Furthermore, "Result sets containing large numbers of documents" constitute a 
fairly large proportion of common user interactions (landing page with faceting 
over the whole index presents users with a handful of clickable top-level 
filters, each of which covers a large portion of the index). Thus, faceting 
seems to be a good candidate for caching, regardless of the underlying 
implementation of the DocValues interface. 

Accordingly, I've attached a stab at a patch ([^facetcache.diff]) to 
{{DocValuesFacets}} to support a cache intended to speed dv faceting over 
high-cardinality docsets. Combined with a handful of warming queries, I've seen 
much improved performance for common requests. In addition to the patch, you 
must configure your solrconfig.xml with, e.g., 
{code:xml}
<cache name="perSegFacetCache"
      class="solr.search.LRUCache"
      size="200"
      initialSize="200"
      autowarmCount="200"
      regenerator="solr.request.PerSegFacetCacheRegenerator" />
{code}
I tried to make the docset cardinality threshold for caching configurable at 
the field level, but haven't yet figured out how to pass in the configuration 
(you will see my unsuccessful attempts reflected in the changes to 
{{SimpleFacets}} -- with the patch in current state, if you want to adjust this 
parameter, it can only be done by changing the hardcoded default of 5000 (a 
reasonable value would probably be _much_ higher) for 
{{SimpleFacets.DEFAULT_PERSEG_FACET_CACHE_THRESHOLD}}).

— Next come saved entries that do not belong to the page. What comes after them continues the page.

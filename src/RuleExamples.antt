-- ===== src/RuleExamples.antt =====
-- The theorems on upload rules and orchestration at concrete inputs.
use grove_storage.Prelude.{
  suc, ℕ, ◌+◌, ◌-◌, ◌*◌, ◌≡◌, refl, ◌↔◌, ◌≤◌, ◌<◌, true, false, Option, none, some, List, [], ◌∷◌,
  Text, bytes, arith, eq_ignore_ascii_case, lower, lower_byte, text_eq, ◌==◌, if◌then◌else◌, not,
  any, is_empty,
}
use grove_storage.Policy.Validation.{
  pos, classify_upload, accepted, max_i64, classify_upload-multipart, seen,
}
use grove_storage.Policy.Multipart.{part_count, part_expected_size, part_offset, part_number_ok}
use grove_storage.Policy.Geometry.{
  total, part_count_bounds, part_expected_size-sum, part_offset-tile,
}
use grove_storage.Policy.Reconcile.{
  ClientPart, LedgerPart, reconciled, reconcile, resolve, by_number, out_of_order, trim_quotes,
  Answers, Ascending, FullSized, number_ok, reconcile-Answers,
}
use grove_storage.Service.Commit.{
  SingleCommit, Measured, Committed, Won, done, md5_differs, commit_done,
}
use grove_storage.Service.Commit
use grove_storage.Service.Schedule.{passes, rounds, default, passes-rounds}
use grove_storage.Policy.Validation.{
  Observed, ObjectObservation, completion_action, finalize, completion_action-finalize, failed,
}
use grove_storage.Policy.Multipart
use grove_storage.Policy.Multipart.{verify_part_sizes, expected_sizes, sizes_ok}
use grove_storage.Policy.Geometry.{sizes, verify_part_sizes-sum}
use grove_storage.Service.Multipart.{
  MultipartCommit, commit_multipart, commit_multipart_done, initialize, recording, compensations,
  expected_compensations, handle_of, compensations-initialize,
}
use grove_storage.Management.Policy.{
  Caller, reader, admin, active, user_session, valid, console, read_audit_history, authorize, reach,
  allowed, self_only, console_only, is_console, authorize-rank, authorize-allowed,
}

-- 12 MiB and a byte, in parts of 5 MiB.
abbrev declared : ℕ
declared = 12582913

abbrev part_size : ℕ
part_size = 5242880

classify_upload-multipart_example :
    (classify_upload (pos declared) 1000 part_size false ≡ accepted true)
    ↔ ((1000 < declared) × (declared ≤ part_size * 10000) × (declared ≤ max_i64) × (false ≡ false))
classify_upload-multipart_example = classify_upload-multipart declared 1000 part_size false

is_accepted : classify_upload (pos declared) 1000 part_size false ≡ accepted true
unfolding classify_upload
is_accepted = refl

part_count_bounds_example :
    (declared + part_size ≤ max_i64)
    × (part_count declared part_size * part_size ≤ max_i64)
    × (1 ≤ part_count declared part_size)
    × (part_count declared part_size ≤ 10000)
    × (declared ≤ part_count declared part_size * part_size)
    × ((part_count declared part_size - 1) * part_size < declared)
part_count_bounds_example =
    part_count_bounds declared 1000 part_size false is_accepted (omega arith) (omega arith)

part_expected_size-sum_example : total declared part_size (part_count declared part_size) ≡ declared
part_expected_size-sum_example =
    part_expected_size-sum declared 1000 part_size false is_accepted (omega arith) (omega arith)

second_part_ok : part_number_ok 2 (part_count declared part_size) ≡ true
unfolding part_number_ok part_count
second_part_ok = refl

part_offset-tile_example :
    (1 ≤ part_expected_size declared part_size 2)
    × (part_expected_size declared part_size 2 ≤ part_size)
    × (part_offset part_size 2 + part_expected_size declared part_size 2
        ≡ (if 2 == part_count declared part_size then declared else part_offset part_size 3))
part_offset-tile_example =
    part_offset-tile declared 1000 part_size 2 false is_accepted (omega arith) (omega arith)
      second_part_ok

abbrev listed : List ClientPart
listed =
    record { number = 1; etag = bytes "\"AB\"" } ∷ record { number = 4; etag = bytes "cd" } ∷ []

abbrev first_part : LedgerPart
first_part = record { number = 1; size = pos 5242880; etag = bytes "ab" }

abbrev fourth_part : LedgerPart
fourth_part = record { number = 4; size = pos 7; etag = bytes "cd" }

abbrev parts_ledger : List LedgerPart
parts_ledger = first_part ∷ fourth_part ∷ []

is_reconciled : reconcile listed parts_ledger ≡ reconciled (first_part ∷ fourth_part ∷ [])
unfolding reconcile resolve by_number out_of_order trim_quotes eq_ignore_ascii_case lower lower_byte
    text_eq
is_reconciled = refl

reconcile-Answers_example :
    Answers parts_ledger listed (first_part ∷ fourth_part ∷ [])
    × Ascending listed
    × FullSized (first_part ∷ fourth_part ∷ [])
    × (any (λ c. not (number_ok c.number)) listed ≡ false)
    × (is_empty listed ≡ false)
reconcile-Answers_example =
    reconcile-Answers listed parts_ledger (first_part ∷ fourth_part ∷ []) is_reconciled

-- A world that is the ETag of the file, once it is active.
abbrev shelf : SingleCommit (Option Text) Text
shelf = record {
  observe = λ w. (seen (some (record { size = 3; etag = bytes "aa" })), w);
  finalize = λ etag w. elim w [ none ↦ (seen true, some etag) | some old ↦ (seen false, some old) ];
  committed_etag = λ w. (seen w, w);
}

abbrev reply : Committed
reply = record { etag = bytes "bb"; transitioned = false }

late_commit : (Commit.commit shelf 3 none (some (bytes "bb"))).0 ≡ done reply
unfolding Commit.commit
late_commit = refl

commit_done_example :
    (m : Measured) × ((shelf.observe (some (bytes "bb"))).0 ≡ seen (some m))
    × (m.size ≡ 3)
    × (md5_differs none m.etag ≡ false)
    × Won shelf reply m (shelf.observe (some (bytes "bb"))).1
commit_done_example = commit_done shelf 3 none (some (bytes "bb")) reply late_commit

-- Passes of 5, 0 and 8 jobs.
passes-rounds_example : (passes (5 ∷ 0 ∷ 8 ∷ []) default).0 ≡ rounds 1
passes-rounds_example = passes-rounds 1 (5 ∷ 0 ∷ 8 ∷ []) refl

abbrev three_parts : List Multipart.Measured
three_parts =
    record { number = 1; size = 5242880; etag = bytes "a" }
    ∷ record { number = 2; size = 5242880; etag = bytes "b" }
    ∷ record { number = 3; size = 2097153; etag = bytes "c" }
    ∷ []

sizes_checked :
    verify_part_sizes three_parts declared part_size (part_count declared part_size) ≡ sizes_ok
unfolding verify_part_sizes expected_sizes part_count part_expected_size
sizes_checked = refl

verify_part_sizes-sum_example : sizes three_parts ≡ declared
verify_part_sizes-sum_example =
    verify_part_sizes-sum declared 1000 part_size false three_parts is_accepted (omega arith)
      (omega arith) (refl, (refl, (refl, tt))) sizes_checked

abbrev found_object : Observed Text (Option ObjectObservation)
found_object = seen (some (record { size = 3; etag = bytes "Ab" }))

completion_action-finalize_example :
    (completion_action 3 (bytes "aB") true found_object ≡ seen finalize) ↔ (
      (o : ObjectObservation) × (found_object ≡ seen (some o))
      × (o.size ≡ 3)
      × (eq_ignore_ascii_case o.etag (bytes "aB") ≡ true))
completion_action-finalize_example = completion_action-finalize 3 (bytes "aB") true found_object

compensations-initialize_example :
    compensations (initialize (recording (seen (bytes "id")) (failed (bytes "no")) (seen tt)) []).1
    ≡ expected_compensations
        (initialize (recording (seen (bytes "id")) (failed (bytes "no")) (seen tt)) []).0
        (handle_of {E = Text} (seen (bytes "id")))
compensations-initialize_example =
    compensations-initialize {E = Text} (seen (bytes "id")) (failed (bytes "no")) (seen tt)

abbrev vendor : MultipartCommit ℕ Text ℕ
vendor = record {
  prepare = λ w. (seen (some w), suc w);
  complete = λ p w. (seen (some (bytes "e-2")), w);
  finalize = λ etag w. (seen true, w);
}

vendor_commits : (commit_multipart vendor 4).0 ≡ done (some (bytes "e-2"))
unfolding commit_multipart
vendor_commits = refl

commit_multipart_done_example :
    (p : ℕ) × ((vendor.prepare 4).0 ≡ seen (some p))
    × ((vendor.complete p (vendor.prepare 4).1).0 ≡ seen (some (bytes "e-2")))
    × ((vendor.finalize (bytes "e-2") (vendor.complete p (vendor.prepare 4).1).1).0 ≡ seen true)
commit_multipart_done_example = commit_multipart_done vendor 4 (bytes "e-2") vendor_commits

abbrev visitor : Caller
visitor = record { role = reader; account = active; method = user_session; credential = valid }

authorize-rank_example :
    reach (authorize visitor console read_audit_history)
    ≤ reach (authorize (record visitor { role = admin }) console read_audit_history)
authorize-rank_example = authorize-rank visitor admin console read_audit_history (omega arith)

audit_allowed : authorize visitor console read_audit_history ≡ allowed self_only
unfolding authorize
audit_allowed = refl

authorize-allowed_example :
    (visitor.credential ≡ valid)
    × (visitor.account ≡ active)
    × (console_only read_audit_history ≡ true
        → (visitor.method ≡ user_session) × (is_console console ≡ true))
authorize-allowed_example =
    authorize-allowed visitor console read_audit_history self_only audit_allowed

Just to clarify, this comment is not a suggestion to skip closing this issue, 
and I'm sorry if it's a bit off-topic; I hope it strikes people as related 
enough to justify posting here. 


was (Author: mgibney):
Of course I can't speak to the status of this issue from other folks' 
perspectives, but I did observe a couple of things that I wanted mention in 
case anyone else might find them useful. Performance has actually been 
acceptable for me, but implementing a simple cache for facets definitely 
improved performance (in my deployment) for common queries (see 
[^facetcache.diff]). A couple of observations:
1. Based on the fact that fields were being faceted using DocValues faceting, I 
assumed (incorrectly) that docValues must have been enabled. In fact, docValues 
are _not_ enabled by default; IndexReaders are wrapped in UninvertingReaders 
that (on demand) uninvert non-docValues-enabled fields in order to present a 
docValues-like interface for faceting. 
2. DocValues cannot yet be enabled on analyzed fields, so if you require this, 
you'll be dealing with the UninvertingReader; you may be interested in 
SOLR-8362.
3. {{DocValuesFacets}} iterates over all the documents in a result set for 
_every_ query. Regardless of the underlying implementation, this is bound to be 
relatively expensive for result sets containing large numbers of documents. 
Furthermore, "Result sets containing large numbers of documents" constitute a 
fairly large proportion of common user interactions (landing page with faceting 
over the whole index presents users with a handful of clickable top-level 
filters, each of which covers a large portion of the index). Thus, faceting 
seems to be a good candidate for caching, regardless of the underlying 
implementation of the DocValues interface. 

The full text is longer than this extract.